Code, culture, history, and technology: The Tech Tree

Every reel of the archive includes a copy of the “Guide to the GitHub Code Vault” in five languages, written with input from GitHub’s community and available at the Archive Program’s own GitHub repository. In addition, the archive will include a separate human-readable reel which documents the technical history and cultural context of the archive’s contents. We call this the Tech Tree. 

Inspired by the Long Now’s Manual for Civilization, the Tech Tree will consist primarily of existing works, selected to provide a detailed understanding of modern computing, open source and its applications, modern software development, popular programming languages, etc.
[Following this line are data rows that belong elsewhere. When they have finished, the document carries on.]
-- ===== src/App/Session/Effects.antt =====
-- main.rs: what the threads of `spawn_connect` and `spawn_disconnect` leave behind.
use mac_os_sstp_client.Prelude.{
  ℕ, suc, ◌+◌, ◌≡◌, refl, ap, ◌∙◌, arith, List, [], ◌∷◌, ◌++◌, if◌then◌else◌, Option, none, some,
  Bool, true, false, ◌&&◌, not, any, Bool-cases, inl, inr,
}
use mac_os_sstp_client.Prelude.Text.{Str}
use mac_os_sstp_client.Ipc.{WorkerState, PidT, pid_alive}
use mac_os_sstp_client.App.{Profile, VpnStatus, disconnected, connecting_status}
use mac_os_sstp_client.App.Session.{
  Action, after_wait, await_confirmation, connect_as, is_confirmation, lacks_field, spawn_connect,
  spawn_disconnect, append_log, clear_disconnect_request, disconnecting, heal_route, kill_worker,
  launch, request_disconnect, save_route_snapshot, set_busy, set_status, sleep,
}

-- What a log leaves behind: whether an operation is busy, what is shown, whether a request to
-- disconnect is there, whom it has killed, and
-- the launches and the calls to heal the route.
abbrev pub busy : List Action → Bool
busy [] = false
busy (set_busy b ∷ log) = b
busy (_ ∷ log) = busy log

abbrev pub requested : List Action → Bool
requested [] = false
requested (request_disconnect ∷ log) = true
requested (clear_disconnect_request ∷ log) = false
requested (_ ∷ log) = requested log

abbrev pub kills : List Action → List ℕ
kills [] = []
kills (kill_worker pid ∷ log) = pid ∷ kills log
kills (_ ∷ log) = kills log

abbrev pub launches : List Action → ℕ
launches [] = 0
launches (launch cmd ∷ log) = suc (launches log)
launches (_ ∷ log) = launches log

abbrev pub heals : List Action → List Bool
heals [] = []
heals (heal_route notify ∷ log) = notify ∷ heals log
heals (_ ∷ log) = heals log

abbrev pub one_if : Bool → ℕ
one_if true = 1
one_if false = 0

-- Whom the window kills, with whether the disconnect was confirmed and the process of the status.
abbrev pub killed : (PidT → Option ℕ) → Bool → Option ℕ → List ℕ
killed kill true pid = []
killed kill false none = []
killed kill false (some pid) = if pid_alive kill pid then pid ∷ [] else []

await-kills :
    (states : List (Option WorkerState)) (log : List Action)
    → ((await_confirmation states log).0 ≡ any is_confirmation states)
      × (kills (await_confirmation states log).1 ≡ kills log)
      × (heals (await_confirmation states log).1 ≡ heals log)
unfolding await_confirmation
await-kills [] log = (refl, refl, refl)
await-kills (state ∷ states) log = elim (Bool-cases (is_confirmation state)) [
  | inl y ↦ rw y (refl, refl, refl)
  | inr n ↦ rw n (await-kills states (sleep 300 ∷ log))
]

module _ (kill : PidT → Option ℕ) where
  after_wait-kills :
      (pid : Option ℕ) (r : Bool × List Action)
      → (kills (after_wait kill pid r) ≡ killed kill r.0 pid ++ kills r.1)
        × (heals (after_wait kill pid r) ≡ heals r.1)
  unfolding after_wait
  after_wait-kills pid (true, log) = (refl, refl)
  after_wait-kills none (false, log) = (refl, refl)
  after_wait-kills (some pid) (false, log) = elim (Bool-cases (pid_alive kill pid)) [
    | inl y ↦ rw y (refl, refl)
    | inr n ↦ rw n (refl, refl)
  ]

-- Whatever states are read, a disconnect ends: nothing is busy, the request is cleared, and
-- `heal_route_if_broken` is called once, without a notification of success. The process that the
-- status file names then is killed, and nothing else, exactly if none of the states read before
-- the deadline confirmed the disconnect and that process is alive.
pub spawn_disconnect_lem :
    (kill : PidT → Option ℕ) (states : List (Option WorkerState)) (pid : Option ℕ)
    (log : List Action)
    → (busy (spawn_disconnect kill states pid log) ≡ false)
      × (requested (spawn_disconnect kill states pid log) ≡ false)
      × (heals (spawn_disconnect kill states pid log) ≡ false ∷ heals log)
      × (kills (spawn_disconnect kill states pid log)
          ≡ killed kill (any is_confirmation states) pid ++ kills log)
unfolding spawn_disconnect
spawn_disconnect_lem kill states pid log =
    let begun = request_disconnect ∷ append_log disconnecting ∷ set_busy true ∷ log in
    let (answer, same_kills, same_heals) = await-kills states begun in
    let (slain, healed) = after_wait-kills kill pid (await_confirmation states begun) in
    (refl, refl, ap (λ hs. false ∷ hs) (healed ∙ same_heals), rw (answer, same_kills) at slain)

abbrev pub shown : List Action → VpnStatus
shown [] = disconnected
shown (set_status status ∷ log) = status
shown (_ ∷ log) = shown log

-- A snapshot of the route was saved, with nothing but a line of the log since.
abbrev pub IsSnapshotFirst : List Action → Type 0
IsSnapshotFirst [] = Unit {0}
IsSnapshotFirst (launch cmd ∷ append_log line ∷ save_route_snapshot ∷ log) = IsSnapshotFirst log
IsSnapshotFirst (launch cmd ∷ log) = ⊥
IsSnapshotFirst (_ ∷ log) = IsSnapshotFirst log

-- Whether the password is staged for a worker that can be started.
abbrev pub can_launch : Option Str → Option Str → Bool
can_launch (some exe) none = true
can_launch _ _ = false

abbrev pub launch_status : Bool → VpnStatus
launch_status true = connecting_status
launch_status false = disconnected

abbrev pub Attempted : Bool → List Action → List Action → Type 0
Attempted launched log log' =
    (busy log' ≡ false)
    × (launches log' ≡ launches log + one_if launched)
    × (shown log' ≡ launch_status launched)
    × (IsSnapshotFirst log → IsSnapshotFirst log')

connect_as-Attempted :
    (profile : Profile) (password : Str) (exe staged : Option Str) (log : List Action)
    → shown log ≡ connecting_status
    → Attempted (can_launch exe staged) log (connect_as profile password exe staged log)
unfolding connect_as
connect_as-Attempted profile password none staged log q = (refl, omega arith, refl, λ v. v)
connect_as-Attempted profile password (some exe) (some e) log q = (refl, omega arith, refl, λ v. v)
connect_as-Attempted profile password (some exe) none log q = (refl, omega arith, q, λ v. v)

-- A connect with a selected profile ends with nothing busy. It launches the worker once if the
-- profile has a server and a user name, there is a password, the path of the executable is
-- known and the password could be staged, and the status is then Connecting; else it launches
-- nothing and the status is Disconnected. A launch comes right behind the snapshot of the
-- route, if this was so of all launches before.
pub spawn_connect_lem :
    (profile : Profile) (password : Str) (exe staged : Option Str) (log : List Action)
    → Attempted
        (not (lacks_field profile password) && can_launch exe staged)
        log
        (spawn_connect (some profile) password exe staged log)
unfolding spawn_connect
spawn_connect_lem profile password exe staged log =
    elim (Bool-cases (lacks_field profile password)) [
      | inl y ↦ rw y (refl, omega arith, refl, λ v. v)
      | inr n ↦ rw n (connect_as-Attempted profile password exe staged _ refl)
    ]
It will also include works which explain the many layers of technical foundations that make software possible: microprocessors, networking, electronics, semiconductors, and even pre-industrial technologies. This will allow the archive’s inheritors to better understand today’s world and its technologies, and may even help them recreate computers to use the archived software.

Encapsulating the world’s cultural context and technical history is a challenging prospect, and we expect the Tech Tree to evolve and iterate over time. We will soon publish to the Archive Program’s GitHub repository a very initial draft list of works selected for the Tech Tree, along with, importantly, a request for community input. We look forward to incorporating ideas and suggestions from the GitHub community before the Tech Tree is added to the Arctic Code Vault.